I agree with extending unemployment benefits; and I support an estate tax.

And here’s why: without it, the rich end up becoming the de facto royal family of America; the head of an unofficial caste system, in which you’re not necessarily unable to move up so much as a small, powerful group of extremely wealthy families maintain their grip on the nation’s income, and with that wield great political power and control; whose scions will never feel the fear of dropping down the social ladder, always held up by the ever-expanding wealth created by their ancestors regardless of how hard they work or their level of intellect and ambition despite their less-fortunate counterparts needing high amounts of all three to even have a chance at overcoming their financial handicaps; because it rewards luck instead of ingenuity, hard work, perseverance, intelligence, and the drive toward excellence, all of which were traits that this country was founded on and still claims to reward today.
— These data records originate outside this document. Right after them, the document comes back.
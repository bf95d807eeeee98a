-- ===== src/Tests/Outputs.antt =====
-- A run's row from what the simulator wrote.
use dm_simulator.Base.{ℕ, ◌≡◌, refl, true, some, [], ◌∷◌, All, ok, Succeeds, contains}
use dm_simulator.Base.Int.{pos, int, max_ℤ, ◌+ℤ◌}
use dm_simulator.Base.Float.{least, greatest}
use dm_simulator.Base.Dict.{get, keys, insert, update}
use dm_simulator.Text.{strip}
use dm_simulator.Json.{
  Json, integer, float, array, object, element, no_element, member, no_member, find_member,
  get_member, elements, member_names, items, any_text, has_key, index,
}
use dm_simulator.Matrix.Run.{
  cache_capacity_bytes, memory_bandwidth_bytes_per_time, memory_base_latency, one_way_link_latency,
}
use dm_simulator.Matrix.Build.{matrix_run}
use dm_simulator.Matrix.Rows.{base_row, csv_row, aggregate_columns}
use dm_simulator.Matrix.Totals.{column_int, add_row, add_rows, aggregate_contention}
use dm_simulator.Matrix.Channels.{
  divide, column_float, max_wait, add_channel, add_channels, imbalance,
  aggregate_channel_contention,
}
use dm_simulator.Matrix.Summary.{
  Outputs, fill_blanks, json_float, node_values, least_cell, greatest_cell, spread, summary_cells,
  summarize_success, summarize_run,
}
use dm_simulator.Matrix.Summary.Columns.{summarize_run-columns}
use dm_simulator.Tests.Decimal.{Decimal, decimal_floats, decimal_arithmetic}
use dm_simulator.Tests.Matrices.{composite}
use dm_simulator.Tests.Rows.{objects}

abbrev decimal : ℕ → Json Decimal
decimal n = float (record { millionths = n })

abbrev node : ℕ → ℕ → Json Decimal
node mean rate =
    object (
      member "mean_latency" (decimal mean) (member "local_cache_hit_rate" (decimal rate) no_member))

abbrev pub outputs : Outputs Decimal
outputs = record {
  summary = ok (
      object (
        member "completed_requests" (integer (pos 96)) (
          member "latency" (object (member "mean" (decimal 2500000) no_member)) (
            member "per_node"
              (array (element (node 2000000 500000) (element (node 3000000 250000) no_element)))
              no_member))));
  contention_by_object = some objects;
  contention_by_channel =
      some ((("total_queue_wait", some "4") ∷ ("max_queue_depth", some "2") ∷ []) ∷ []);
}

pub summarize_run-composite : Succeeds (summarize_run composite outputs "success" "")
unfolding summarize_run base_row matrix_run cache_capacity_bytes memory_bandwidth_bytes_per_time
    memory_base_latency one_way_link_latency summarize_success summary_cells get_member find_member
    items elements member_names any_text has_key index node_values json_float least_cell
    greatest_cell spread least greatest aggregate_contention add_rows add_row column_int get strip
    int max_ℤ ◌+ℤ◌ aggregate_channel_contention add_channels add_channel column_float max_wait
    imbalance divide fill_blanks insert update
summarize_run-composite = (_, refl)

summarize_run-columns_example :
    All (λ column. contains (keys summarize_run-composite.0) column ≡ true) aggregate_columns
    × All
        (λ (column, cell). get (csv_row summarize_run-composite.0) column ≡ some cell)
        summarize_run-composite.0
summarize_run-columns_example =
    summarize_run-columns composite outputs "" summarize_run-composite.0 summarize_run-composite.1
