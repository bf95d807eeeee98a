-- ===== src/Tests/Main.antt =====
-- `main` on a small matrix, in each of its modes.
use dm_simulator.Base.{
  ◌&◌, String, ◌≡◌, ◌↔◌, refl, true, false, none, some, List, [], ◌∷◌, ok, err,
  called_process_error, inl, inr, contains, Succeeds, Memᴰ, if◌then◌else◌,
}
use dm_simulator.Base.Int.{show_ℕ, show_ℤ}
use dm_simulator.Base.Dict.{Dict, NodupKeys}
use dm_simulator.Base.Process.{Exit, exit_success, exit_failure}
use dm_simulator.Base.FilePath.{FilePath, given, show_path}
use dm_simulator.Text.{replace, prefix}
use dm_simulator.Matrix.Preset.{MatrixRun}
use dm_simulator.Matrix.Run.{
  run_slug, run_name_token, slug_float, bounded_run_name, cache_capacity_bytes,
  memory_bandwidth_bytes_per_time, memory_base_latency, one_way_link_latency,
}
use dm_simulator.Matrix.Build.{matrix_run}
use dm_simulator.Matrix.Yaml.{config_text}
use dm_simulator.Matrix.Rows.{Cell, base_row, base_cells, aggregate_columns}
use dm_simulator.Matrix.Summary.{Outputs, summarize_run}
use dm_simulator.Matrix.DryRun.Total.{config_text-check_config}
use dm_simulator.Matrix.DryRun.Runs.{build_runs-check_config}
use dm_simulator.Matrix.DryRun.Verify.{verify_dry_run}
use dm_simulator.Matrix.DryRun.Verified.{IsVerified, verify_dry_run_iff}
use dm_simulator.Matrix.Main.{
  World, Modes, command, main, launch, write_file, write_aggregate_csv, aggregate_path,
}
use dm_simulator.Matrix.Main.Loop.{launch_all, exit_row, main-keep_going, main-first_failure}
use dm_simulator.Matrix.Main.Dry.{main-launched}
use dm_simulator.Matrix.Main.Files.{config_files}
use dm_simulator.Matrix.Main.Accepted.{main-build_runs}
use dm_simulator.Tests.Decimal.{Decimal, decimal_floats, decimal_arithmetic}
use dm_simulator.Tests.Matrices.{
  preset, dims, sha1, dir, corner, run_of, runs, built, writable, composite, composite-IsReady,
}
use dm_simulator.Tests.Outputs.{outputs, summarize_run-composite}

abbrev show_cell : Cell Decimal → String
show_cell c = "cell"

abbrev show_names : List String → String
show_names names = "names"

abbrev all_fail : List String → Exit
all_fail c = exit_failure "exit status 1"

abbrev of_dir : FilePath → Outputs Decimal
of_dir path = outputs

abbrev empty : World
empty = record { files = []; tables = []; launched = [] }

abbrev dry : Modes
dry = record {
  dry_run = true;
  keep_going = false;
  expect_runs = some 4;
  binary = given "dm_simulator";
  results_dir = dir;
}

abbrev going_on : Modes
going_on = record {
  dry_run = false;
  keep_going = true;
  expect_runs = none;
  binary = given "dm_simulator";
  results_dir = dir;
}

abbrev stopping : Modes
stopping = record {
  dry_run = false;
  keep_going = false;
  expect_runs = none;
  binary = given "dm_simulator";
  results_dir = dir;
}

distinct : NodupKeys (config_files runs)
unfolding matrix_run run_slug run_name_token slug_float bounded_run_name show_ℕ show_ℤ replace
    prefix show_path
distinct = refl & refl & refl & refl & tt

main-build_runs_example :
    (main all_fail of_dir show_cell dry show_names runs dims.policies empty).1 ≡ ok tt
unfolding matrix_run
main-build_runs_example =
    main-build_runs all_fail of_dir show_cell dry show_names sha1 preset dims runs empty refl refl
      built writable refl distinct (refl & refl & tt)

main-launched_example :
    (main all_fail of_dir show_cell dry show_names runs dims.policies empty).0.launched ≡ []
main-launched_example =
    main-launched all_fail of_dir show_cell dry refl show_names runs dims.policies empty

verify_dry_run_iff_example :
    (verify_dry_run show_names
        (("results/a.yaml", "policy: lru") ∷ [])
        (("results/a.csv", aggregate_columns ∷ []) ∷ [])
        runs
        []
        ("lru" ∷ [])
        (given "results/a.csv")
      ≡ ok tt)
    ↔ IsVerified
        (("results/a.yaml", "policy: lru") ∷ [])
        (("results/a.csv", aggregate_columns ∷ []) ∷ [])
        runs
        []
        ("lru" ∷ [])
        (given "results/a.csv")
verify_dry_run_iff_example =
    verify_dry_run_iff show_names (("results/a.yaml", "policy: lru") ∷ [])
      (("results/a.csv", aggregate_columns ∷ []) ∷ []) runs [] ("lru" ∷ []) (given "results/a.csv")

config : (text : String) × (config_text composite ≡ ok text)
config = let (text, e, checked) = config_text-check_config composite composite-IsReady in (text, e)

abbrev failed : Dict (Cell Decimal)
failed = base_cells composite "failed" "exit status 1" 256 4 25 2

composite-failed : summarize_run composite outputs "failed" "exit status 1" ≡ ok failed
unfolding summarize_run base_row matrix_run cache_capacity_bytes memory_bandwidth_bytes_per_time
    memory_base_latency one_way_link_latency
composite-failed = refl

main-keep_going_example :
    main all_fail of_dir show_cell going_on show_names (composite ∷ []) ("lru" ∷ []) empty ≡ (
      write_aggregate_csv show_cell
          (launch_all all_fail of_dir show_cell going_on empty ((composite, config.0) ∷ []))
          (aggregate_path going_on)
          (failed ∷ []),
      ok tt,
    )
unfolding matrix_run
main-keep_going_example =
    main-keep_going all_fail of_dir show_cell going_on show_names ("lru" ∷ []) empty
      ((composite, config.0) ∷ []) (failed ∷ []) refl refl (inl refl & tt)
      ((config.1, composite-failed) & tt)

-- Of two runs, the second fails.
abbrev second : MatrixRun Decimal
second = run_of (corner "lru" 2)

abbrev second_fails : List String → Exit
second_fails c =
    if contains c (show_path second.config_path) then exit_failure "exit status 1" else exit_success

first_exit : second_fails (command (given "dm_simulator") composite) ≡ exit_success
unfolding matrix_run run_slug run_name_token slug_float bounded_run_name show_ℕ show_ℤ replace
    prefix show_path
first_exit = refl

second_exit : second_fails (command (given "dm_simulator") second) ≡ exit_failure "exit status 1"
unfolding matrix_run run_slug run_name_token slug_float bounded_run_name show_ℕ show_ℤ replace
    prefix show_path
second_exit = refl

first_row :
    exit_row second_fails of_dir show_cell stopping composite
      (second_fails (command (given "dm_simulator") composite))
    ≡ ok summarize_run-composite.0
first_row = rw first_exit summarize_run-composite.1

second_config : (text : String) × (config_text second ≡ ok text)
second_config =
    let (text, e, checked) =
      build_runs-check_config sha1 preset dims dir writable runs second built (Memᴰ.head refl) in
    (text, e)

second-failed : Succeeds (summarize_run second outputs "failed" "exit status 1")
unfolding summarize_run base_row matrix_run cache_capacity_bytes memory_bandwidth_bytes_per_time
    memory_base_latency one_way_link_latency
second-failed = (_, refl)

main-first_failure_example :
    main second_fails of_dir show_cell stopping show_names
      (composite ∷ second ∷ run_of (corner "lru" 4) ∷ [])
      ("lru" ∷ [])
      empty
    ≡ (
      write_aggregate_csv show_cell
          (launch
            (write_file
              (launch_all second_fails of_dir show_cell stopping empty ((composite, config.0) ∷ []))
              second.config_path
              second_config.0)
            (command (given "dm_simulator") second))
          (aggregate_path stopping)
          (summarize_run-composite.0 ∷ second-failed.0 ∷ []),
      err (called_process_error "exit status 1"),
    )
main-first_failure_example =
    main-first_failure second_fails of_dir show_cell stopping show_names ("lru" ∷ []) empty
      ((composite, config.0) ∷ []) (summarize_run-composite.0 ∷ []) second second_config.0
      "exit status 1" second-failed.0 (run_of (corner "lru" 4) ∷ []) refl refl refl
      (inr first_exit & tt) ((config.1, first_row) & tt) second_config.1 second_exit second-failed.1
Enrique at 411media.org opposes the estate tax.  In a blog of his from last week, he wrote:

I don’t mean to be obvious, but taking by force nearly half of a person’s legitimately accumulated wealth when they die is the kind of action that justifies a violent coup. It’s a fundamentally amoral policy, and an unjust constriction of individual freedom, rivaled only by the war on drugs in its sheer totalitarian manifestation.

He brings up some interesting points:

  1. First, being the crude oversimplification of how taxes work as having your money taken “by force.” Perhaps it only feels like it’s being taken by force when it’s nearly half of your money; although, at what point is it reasonable? If you base it on the GOP right now, 35% for families making over $375,000 is reasonable, but 39.6% isn’t.
  2. The notion that taxing someone’s estate after their death constricts upon one’s individual freedom makes little sense.  How can anything occurring after one dies infringe upon that person’s anything?  At that point, it’s merely a case of law and contracts.  The deceased doesn’t have to worry about worldly things such as freedom anymore.  So while those of us living might argue that it’s unfair — namely those beneficiaries hoping to get a bigger slice of the family pie — it’s not unfair to the one who has passed.
  3. This is the sort of thing that justifies a violent coup? This? Really? Not lying to the public to start an ill-funded war that has nearly bankrupted the country and caused thousands of Americans and countless more others their lives?  No — it’s that rich dead people can only keep 55% of their riches.  Must be nice being rich and so divorced from the reality of the other 99% of Americans that an estate tax would warrant you picking up your arms and overthrowing the government.
  4. I’d be curious to know what fundamental moral code this tax code breaks.

Although, I think the big objection I have is to Enrique’s argument that the government is forcibly taking money away from someone simply because they die.  The person dying has no use for money anymore, so the government isn’t taking money from that person.  That person earned their money (however legitimately depends I’m sure on each individual case as I can’t assume to know what line of business the deceased was in, nor I’m sure could Enrique) and had that money in their possession until they left this world.  It’s now going elsewhere.  To someone else or someones else.  And, unless you count being born into wealth, those people didn’t legitimately accumulate any of that money.

Without an estate tax, that money becomes a reward to the extremely fortune simply for being born. That’s it.  You were lucky enough to have been conceived by rich parents so here is your prize.  And it’s not like those benefactors won’t still be receiving a healthy amount of funds.  Being born into a wealthy family should be prize enough with all of the benefits that entails.  You’ve already gotten your head start, what you do from here should determine how much money you make through your actions, not through the action of birth.